• _What this task involves_: From the data below, return the exact lines starting at the line containing "filename src/Stream.antt" and ending at the line containing "repository 6fde7151f80286f7", both included, and nothing else.

##### Given information

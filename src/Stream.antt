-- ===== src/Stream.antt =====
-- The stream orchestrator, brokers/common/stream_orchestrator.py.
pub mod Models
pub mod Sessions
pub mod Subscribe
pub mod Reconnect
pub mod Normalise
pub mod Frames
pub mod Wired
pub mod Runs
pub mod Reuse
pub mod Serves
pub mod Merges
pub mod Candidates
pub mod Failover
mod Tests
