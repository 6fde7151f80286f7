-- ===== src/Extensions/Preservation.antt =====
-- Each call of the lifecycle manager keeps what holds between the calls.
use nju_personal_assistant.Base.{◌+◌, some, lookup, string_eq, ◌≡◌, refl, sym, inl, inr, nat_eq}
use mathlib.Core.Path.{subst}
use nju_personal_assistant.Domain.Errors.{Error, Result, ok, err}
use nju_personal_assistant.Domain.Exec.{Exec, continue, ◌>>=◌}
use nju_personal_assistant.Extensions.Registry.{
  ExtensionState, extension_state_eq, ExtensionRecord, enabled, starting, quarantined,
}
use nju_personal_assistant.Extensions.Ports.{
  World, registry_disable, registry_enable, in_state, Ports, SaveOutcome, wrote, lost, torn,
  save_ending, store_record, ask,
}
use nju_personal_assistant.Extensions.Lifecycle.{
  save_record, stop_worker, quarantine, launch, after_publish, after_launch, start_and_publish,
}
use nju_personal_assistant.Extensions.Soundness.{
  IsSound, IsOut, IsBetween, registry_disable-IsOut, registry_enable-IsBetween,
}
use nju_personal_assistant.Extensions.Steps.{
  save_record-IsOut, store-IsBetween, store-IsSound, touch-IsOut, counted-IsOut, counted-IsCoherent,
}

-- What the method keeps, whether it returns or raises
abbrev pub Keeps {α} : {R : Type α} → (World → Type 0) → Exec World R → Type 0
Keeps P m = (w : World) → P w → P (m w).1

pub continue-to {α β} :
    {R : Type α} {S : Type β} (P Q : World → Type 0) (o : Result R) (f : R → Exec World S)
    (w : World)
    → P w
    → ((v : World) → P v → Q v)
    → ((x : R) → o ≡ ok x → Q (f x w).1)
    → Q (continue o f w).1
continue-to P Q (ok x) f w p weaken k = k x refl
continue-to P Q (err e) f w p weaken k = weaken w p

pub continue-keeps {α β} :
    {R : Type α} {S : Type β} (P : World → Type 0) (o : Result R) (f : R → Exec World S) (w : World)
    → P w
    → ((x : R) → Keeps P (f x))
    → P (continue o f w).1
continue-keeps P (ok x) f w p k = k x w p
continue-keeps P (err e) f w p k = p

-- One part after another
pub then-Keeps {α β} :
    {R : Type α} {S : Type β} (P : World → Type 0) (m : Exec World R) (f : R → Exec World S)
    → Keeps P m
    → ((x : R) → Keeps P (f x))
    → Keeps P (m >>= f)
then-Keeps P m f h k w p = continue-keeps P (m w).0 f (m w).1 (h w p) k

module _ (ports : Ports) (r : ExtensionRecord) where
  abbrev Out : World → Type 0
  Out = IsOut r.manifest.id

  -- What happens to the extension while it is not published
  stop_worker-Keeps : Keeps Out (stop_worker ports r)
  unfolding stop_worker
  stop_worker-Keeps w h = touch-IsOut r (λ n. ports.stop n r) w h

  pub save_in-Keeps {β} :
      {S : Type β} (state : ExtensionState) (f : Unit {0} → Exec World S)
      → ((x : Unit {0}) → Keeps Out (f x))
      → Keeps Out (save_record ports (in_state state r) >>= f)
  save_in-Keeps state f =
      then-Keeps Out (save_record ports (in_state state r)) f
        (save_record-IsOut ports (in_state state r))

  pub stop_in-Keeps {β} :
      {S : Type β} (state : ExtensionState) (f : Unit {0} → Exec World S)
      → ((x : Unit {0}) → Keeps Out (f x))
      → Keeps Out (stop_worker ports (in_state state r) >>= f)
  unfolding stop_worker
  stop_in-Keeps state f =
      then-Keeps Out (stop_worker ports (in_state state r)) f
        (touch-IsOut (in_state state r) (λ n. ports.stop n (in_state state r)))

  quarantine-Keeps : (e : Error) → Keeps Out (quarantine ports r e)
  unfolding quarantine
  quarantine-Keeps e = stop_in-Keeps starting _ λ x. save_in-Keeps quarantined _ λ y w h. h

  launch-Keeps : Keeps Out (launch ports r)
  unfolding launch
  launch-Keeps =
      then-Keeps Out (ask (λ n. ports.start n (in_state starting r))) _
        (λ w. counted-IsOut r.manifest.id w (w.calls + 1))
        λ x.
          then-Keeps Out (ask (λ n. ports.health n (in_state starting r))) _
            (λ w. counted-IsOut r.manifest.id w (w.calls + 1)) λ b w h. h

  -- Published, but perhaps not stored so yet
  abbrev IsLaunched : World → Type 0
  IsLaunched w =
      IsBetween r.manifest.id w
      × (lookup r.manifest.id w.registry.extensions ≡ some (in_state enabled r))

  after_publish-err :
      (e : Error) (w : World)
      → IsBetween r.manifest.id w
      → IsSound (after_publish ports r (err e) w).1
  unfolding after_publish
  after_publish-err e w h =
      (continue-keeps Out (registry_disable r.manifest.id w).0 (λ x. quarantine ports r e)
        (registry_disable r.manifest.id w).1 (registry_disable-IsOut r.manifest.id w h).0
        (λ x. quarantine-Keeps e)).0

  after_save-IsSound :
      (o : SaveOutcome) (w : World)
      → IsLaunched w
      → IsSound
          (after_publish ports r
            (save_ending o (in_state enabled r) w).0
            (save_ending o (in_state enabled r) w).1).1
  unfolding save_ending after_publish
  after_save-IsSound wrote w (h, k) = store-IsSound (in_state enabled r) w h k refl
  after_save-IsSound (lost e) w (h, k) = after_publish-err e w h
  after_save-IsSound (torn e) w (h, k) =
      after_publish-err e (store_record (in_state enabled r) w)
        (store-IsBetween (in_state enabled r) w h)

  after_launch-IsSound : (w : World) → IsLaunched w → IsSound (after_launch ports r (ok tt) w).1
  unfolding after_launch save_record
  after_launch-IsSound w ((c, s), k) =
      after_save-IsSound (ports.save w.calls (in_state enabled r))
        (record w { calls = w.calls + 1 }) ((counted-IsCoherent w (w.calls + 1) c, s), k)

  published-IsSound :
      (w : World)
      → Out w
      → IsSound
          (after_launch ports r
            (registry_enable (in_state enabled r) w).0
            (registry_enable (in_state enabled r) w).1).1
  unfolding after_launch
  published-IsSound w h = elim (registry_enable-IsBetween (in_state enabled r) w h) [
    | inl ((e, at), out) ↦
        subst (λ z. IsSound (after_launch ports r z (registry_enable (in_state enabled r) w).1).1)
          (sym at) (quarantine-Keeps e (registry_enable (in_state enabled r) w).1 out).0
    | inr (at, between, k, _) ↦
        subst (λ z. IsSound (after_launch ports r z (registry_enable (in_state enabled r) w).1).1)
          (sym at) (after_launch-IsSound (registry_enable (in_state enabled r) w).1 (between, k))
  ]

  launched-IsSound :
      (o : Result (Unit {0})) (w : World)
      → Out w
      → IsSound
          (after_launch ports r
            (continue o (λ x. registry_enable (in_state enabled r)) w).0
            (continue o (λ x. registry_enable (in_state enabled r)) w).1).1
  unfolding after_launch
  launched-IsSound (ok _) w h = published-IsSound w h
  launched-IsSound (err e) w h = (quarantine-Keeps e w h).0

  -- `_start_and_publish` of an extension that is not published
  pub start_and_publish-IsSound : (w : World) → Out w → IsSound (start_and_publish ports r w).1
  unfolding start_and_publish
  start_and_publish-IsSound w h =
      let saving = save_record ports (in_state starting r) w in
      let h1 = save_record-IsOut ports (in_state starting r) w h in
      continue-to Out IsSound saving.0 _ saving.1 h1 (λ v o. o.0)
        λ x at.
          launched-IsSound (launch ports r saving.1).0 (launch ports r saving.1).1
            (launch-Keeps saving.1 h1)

##########
##### Given information

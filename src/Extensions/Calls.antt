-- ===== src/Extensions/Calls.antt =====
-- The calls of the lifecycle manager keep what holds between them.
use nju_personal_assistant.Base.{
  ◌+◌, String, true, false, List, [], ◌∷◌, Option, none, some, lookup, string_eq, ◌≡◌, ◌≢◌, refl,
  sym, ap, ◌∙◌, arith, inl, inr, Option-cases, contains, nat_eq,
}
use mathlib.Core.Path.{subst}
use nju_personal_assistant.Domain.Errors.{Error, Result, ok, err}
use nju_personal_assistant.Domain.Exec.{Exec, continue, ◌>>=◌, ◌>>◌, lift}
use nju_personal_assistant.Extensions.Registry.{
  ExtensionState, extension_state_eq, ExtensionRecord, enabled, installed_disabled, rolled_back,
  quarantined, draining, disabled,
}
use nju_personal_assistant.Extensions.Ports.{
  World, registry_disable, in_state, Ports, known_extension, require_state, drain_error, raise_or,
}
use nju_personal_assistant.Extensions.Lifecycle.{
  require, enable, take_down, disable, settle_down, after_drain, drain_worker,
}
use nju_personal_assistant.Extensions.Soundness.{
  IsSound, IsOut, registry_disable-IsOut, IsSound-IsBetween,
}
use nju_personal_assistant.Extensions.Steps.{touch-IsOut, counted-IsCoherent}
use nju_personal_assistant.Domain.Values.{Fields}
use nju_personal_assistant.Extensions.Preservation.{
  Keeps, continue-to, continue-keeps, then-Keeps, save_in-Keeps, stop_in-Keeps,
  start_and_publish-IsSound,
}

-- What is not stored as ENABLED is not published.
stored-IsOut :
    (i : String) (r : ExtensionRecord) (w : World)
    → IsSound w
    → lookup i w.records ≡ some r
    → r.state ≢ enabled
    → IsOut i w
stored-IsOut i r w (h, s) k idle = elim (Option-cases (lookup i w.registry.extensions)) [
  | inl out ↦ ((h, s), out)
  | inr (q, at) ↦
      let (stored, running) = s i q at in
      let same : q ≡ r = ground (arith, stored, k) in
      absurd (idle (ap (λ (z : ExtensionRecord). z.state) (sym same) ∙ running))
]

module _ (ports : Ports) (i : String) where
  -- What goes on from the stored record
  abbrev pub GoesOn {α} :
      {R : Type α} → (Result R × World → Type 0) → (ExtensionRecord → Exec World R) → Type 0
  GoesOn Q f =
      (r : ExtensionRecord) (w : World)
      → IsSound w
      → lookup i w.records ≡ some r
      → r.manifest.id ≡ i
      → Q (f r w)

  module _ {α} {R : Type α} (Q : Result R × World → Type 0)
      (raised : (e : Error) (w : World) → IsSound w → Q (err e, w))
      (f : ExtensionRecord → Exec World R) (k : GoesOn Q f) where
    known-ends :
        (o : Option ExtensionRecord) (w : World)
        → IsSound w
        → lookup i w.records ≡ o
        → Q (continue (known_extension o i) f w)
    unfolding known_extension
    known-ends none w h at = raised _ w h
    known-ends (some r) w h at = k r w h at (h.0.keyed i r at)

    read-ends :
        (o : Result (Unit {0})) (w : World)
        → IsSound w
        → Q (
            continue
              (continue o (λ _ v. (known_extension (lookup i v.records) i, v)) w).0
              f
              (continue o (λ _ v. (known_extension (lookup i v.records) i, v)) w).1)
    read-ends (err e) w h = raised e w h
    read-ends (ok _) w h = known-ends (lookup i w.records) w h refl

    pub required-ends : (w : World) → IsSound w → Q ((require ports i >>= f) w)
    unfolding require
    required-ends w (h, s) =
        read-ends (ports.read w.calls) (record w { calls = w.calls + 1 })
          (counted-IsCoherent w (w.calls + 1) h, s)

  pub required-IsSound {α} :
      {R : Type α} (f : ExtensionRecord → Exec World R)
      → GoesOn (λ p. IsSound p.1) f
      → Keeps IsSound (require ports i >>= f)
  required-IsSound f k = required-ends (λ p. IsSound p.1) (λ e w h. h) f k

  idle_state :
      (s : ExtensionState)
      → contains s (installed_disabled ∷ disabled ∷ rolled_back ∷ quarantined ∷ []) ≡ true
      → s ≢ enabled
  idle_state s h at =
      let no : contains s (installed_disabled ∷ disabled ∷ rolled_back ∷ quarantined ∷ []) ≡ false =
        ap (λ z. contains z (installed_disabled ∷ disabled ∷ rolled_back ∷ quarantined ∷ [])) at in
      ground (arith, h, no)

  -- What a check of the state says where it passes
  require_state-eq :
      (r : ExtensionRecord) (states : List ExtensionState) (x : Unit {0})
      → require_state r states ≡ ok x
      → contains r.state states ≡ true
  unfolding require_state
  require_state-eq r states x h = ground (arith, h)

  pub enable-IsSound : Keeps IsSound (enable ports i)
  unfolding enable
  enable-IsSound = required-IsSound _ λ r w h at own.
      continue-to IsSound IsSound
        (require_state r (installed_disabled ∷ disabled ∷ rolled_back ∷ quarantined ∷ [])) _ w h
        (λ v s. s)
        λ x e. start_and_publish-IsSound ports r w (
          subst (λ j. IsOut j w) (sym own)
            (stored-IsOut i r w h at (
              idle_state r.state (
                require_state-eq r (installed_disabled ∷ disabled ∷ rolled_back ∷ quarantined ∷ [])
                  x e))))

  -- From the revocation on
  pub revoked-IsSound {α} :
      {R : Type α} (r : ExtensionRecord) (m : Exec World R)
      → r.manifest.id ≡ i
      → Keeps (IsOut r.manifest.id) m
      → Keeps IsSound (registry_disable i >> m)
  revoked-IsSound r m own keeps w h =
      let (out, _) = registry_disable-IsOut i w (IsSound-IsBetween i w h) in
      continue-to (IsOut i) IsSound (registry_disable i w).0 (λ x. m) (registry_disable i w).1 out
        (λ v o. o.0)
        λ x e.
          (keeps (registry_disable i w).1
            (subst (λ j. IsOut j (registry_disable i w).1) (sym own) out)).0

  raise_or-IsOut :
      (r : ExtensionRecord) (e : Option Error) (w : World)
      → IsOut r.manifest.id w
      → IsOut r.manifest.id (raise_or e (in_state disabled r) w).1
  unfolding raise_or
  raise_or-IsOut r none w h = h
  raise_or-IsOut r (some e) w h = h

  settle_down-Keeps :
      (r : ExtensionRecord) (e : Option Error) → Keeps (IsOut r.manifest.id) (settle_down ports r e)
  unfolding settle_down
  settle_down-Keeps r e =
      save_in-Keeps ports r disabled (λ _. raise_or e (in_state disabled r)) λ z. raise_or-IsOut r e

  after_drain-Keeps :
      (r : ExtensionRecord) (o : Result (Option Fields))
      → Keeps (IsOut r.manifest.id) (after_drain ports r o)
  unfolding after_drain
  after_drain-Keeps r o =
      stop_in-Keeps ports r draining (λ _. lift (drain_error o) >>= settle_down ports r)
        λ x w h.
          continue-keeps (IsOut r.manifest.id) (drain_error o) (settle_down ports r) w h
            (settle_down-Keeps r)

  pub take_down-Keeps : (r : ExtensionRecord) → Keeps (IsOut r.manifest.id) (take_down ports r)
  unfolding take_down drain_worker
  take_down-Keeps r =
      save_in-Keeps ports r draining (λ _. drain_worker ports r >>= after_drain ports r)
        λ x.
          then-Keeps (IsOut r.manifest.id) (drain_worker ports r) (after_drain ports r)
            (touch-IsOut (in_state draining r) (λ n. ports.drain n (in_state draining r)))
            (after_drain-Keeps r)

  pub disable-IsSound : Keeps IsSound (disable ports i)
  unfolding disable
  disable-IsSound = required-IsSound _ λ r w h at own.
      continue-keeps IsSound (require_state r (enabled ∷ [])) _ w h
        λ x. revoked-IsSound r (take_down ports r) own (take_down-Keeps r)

##########

• _Exercise response_:
filename src/Stream.antt
-- ===== src/Stream.antt =====
-- The stream orchestrator, brokers/common/stream_orchestrator.py.
pub mod Models
pub mod Sessions
pub mod Subscribe
pub mod Reconnect
pub mod Normalise
pub mod Frames
pub mod Wired
pub mod Runs
pub mod Reuse
pub mod Serves
pub mod Merges
pub mod Candidates
pub mod Failover
mod Tests
repository 6fde7151f80286f7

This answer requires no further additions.